Thursday, November 6, 2008

Fox News Uses Nader Statement Against Him



Fox News is no champion for race relations, so for them to use a poorly thought-out racially charged statement from Nader to castigate him is pathetic. I strongly disagree with Nader's usage of the racially loaded term 'Uncle Tom' against the first African-American President (as I would if he used it against any black person) because I think racially loaded terms constitute ad hominem attacks when we should be LASER-FOCUSED ON ISSUES at this crucial juncture in American history. Still, shame on Fox for its continued attempts to undermine anyone who doesn't strictly follow the corporatist line and in pretending to be morally above it all as they do it.

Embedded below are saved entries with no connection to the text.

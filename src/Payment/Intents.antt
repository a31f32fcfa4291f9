-- ===== src/Payment/Intents.antt =====
-- The creation of payment intents (services/payment_executor/intents.py).
pub mod Create
pub mod Examined
pub mod Reuse
pub mod Atomic
pub mod Spending
pub mod Paying
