-- ===== src/Payment/Webhooks/Events.antt =====
-- Verified webhook events (packages/schemas/payment.py) and their table (apps/api/db/models.py).
-- The verification of a signature over the raw body is a parameter.
use pactra.Base.{ℕ, Text, Moment, Bool, ◌&&◌, Option, String, ◌==◌}
use pactra.Domain.{ReasonCode}
use pactra.Payment.State.{PaymentIntentState, provider_pending, succeeded, failed_terminal}

pub data WebhookEventType : Type 0 where
  payment_succeeded payment_failed payment_pending payment_attempt_failed : WebhookEventType

unfoldable pub webhook_type_to_state : WebhookEventType → PaymentIntentState
webhook_type_to_state payment_succeeded = succeeded
webhook_type_to_state payment_failed = failed_terminal
webhook_type_to_state payment_pending = provider_pending
webhook_type_to_state payment_attempt_failed = provider_pending

abbrev pub type_word : WebhookEventType → String
type_word payment_succeeded = "payment.succeeded"
type_word payment_failed = "payment.failed"
type_word payment_pending = "payment.pending"
type_word payment_attempt_failed = "payment.attempt_failed"

pub record VerifiedWebhookEvent : Type 0 where
  pub provider : Text
  pub provider_event_id : Text
  pub event_type : WebhookEventType
  pub provider_payment_id : Text
  pub provider_order_id : Option Text
  pub provider_transaction_id : Option Text
  pub amount_inr : Option ℕ
  pub currency : Option Text
  pub provider_status : Option Text
  pub provider_attempts : Option ℕ
  pub sequence : Option ℕ

-- What `verify_webhook` gives: an event, or a `WebhookVerificationError` with its reason.
pub data Verification : Type 0 where
  verified : VerifiedWebhookEvent → Verification
  refused : ReasonCode → Verification

pub record WebhookProvider : Type 0 where
  pub name : Text
  pub verify_webhook : Text → Text → Option Text → Verification

pub record WebhookEventRow : Type 0 where
  pub id : Text
  pub provider : Text
  pub provider_event_id : Text
  pub event_type : WebhookEventType
  pub provider_payment_id : Text
  pub provider_transaction_id : Option Text
  pub payment_intent_id : Text
  pub sequence : Option ℕ
  pub received_at : Moment
  pub processed_at : Option Moment
  pub applied_state : Option PaymentIntentState

-- `uq_webhook_events_provider_event`
abbrev pub same_event : VerifiedWebhookEvent → WebhookEventRow → Bool
same_event event row =
    row.provider == event.provider && row.provider_event_id == event.provider_event_id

Obama made judgments I questioned when he was a Senator and statements I questioned when he was a candidate. I will continue to make my resistance known (and hopefully felt) if he speaks or acts in a manner I find to be anti-progressive, pro-corporatist or pro-militaristic. I still deplore Nader's head-shaking-ly horrible choice of words, but I deplore Fox News (aka Faux News or Fixed News) even more.

2 comments:

Anonymous said...

While I concede the point with you that Fox news is certainly no champion of civil rights or racial harmony, I was happy that they chose to air Nader's quite dispicable comments on their show. They gave Nader the chance to recant that terrible phrase "Uncle Tom" which is deplorable at best and racist at worst and he adamently refused. I agree with the commentators' outrage. I was not very proud of that Nader moment either. Anyone who has an ounce of intelligence, knows that Fox news is a completely biased, conservatively bent broadcasting network--they don't even try to hide it. Just like Nader has been reduced to marginalization, so too is Fox news at this time. We are at a time (hopefully) in our history when we are trying to bridge divides, not polarize them and hopefully start to heal our nation. Fox news seems to represent the obsolete fringes of society, so why can't they do a little good as they wave the white flag on their way down?

Alan Page said...

The thing is, they aren't trying to do good, They were just trying to catch Nader in a "gotcha" moment to discredit him for one statement even though he's dedicated his whole life to fighting the same corporate evil that Fox News stands for and often distorts the truth for. The 'outrage' presented here by the Fox talking head is utterly phony and if a right wing figure made the same quote, they would be *defending* it. This was terribly transparent on their part, but they don't really broadcast news for people with critical thinking skills who are not already wildly right wing.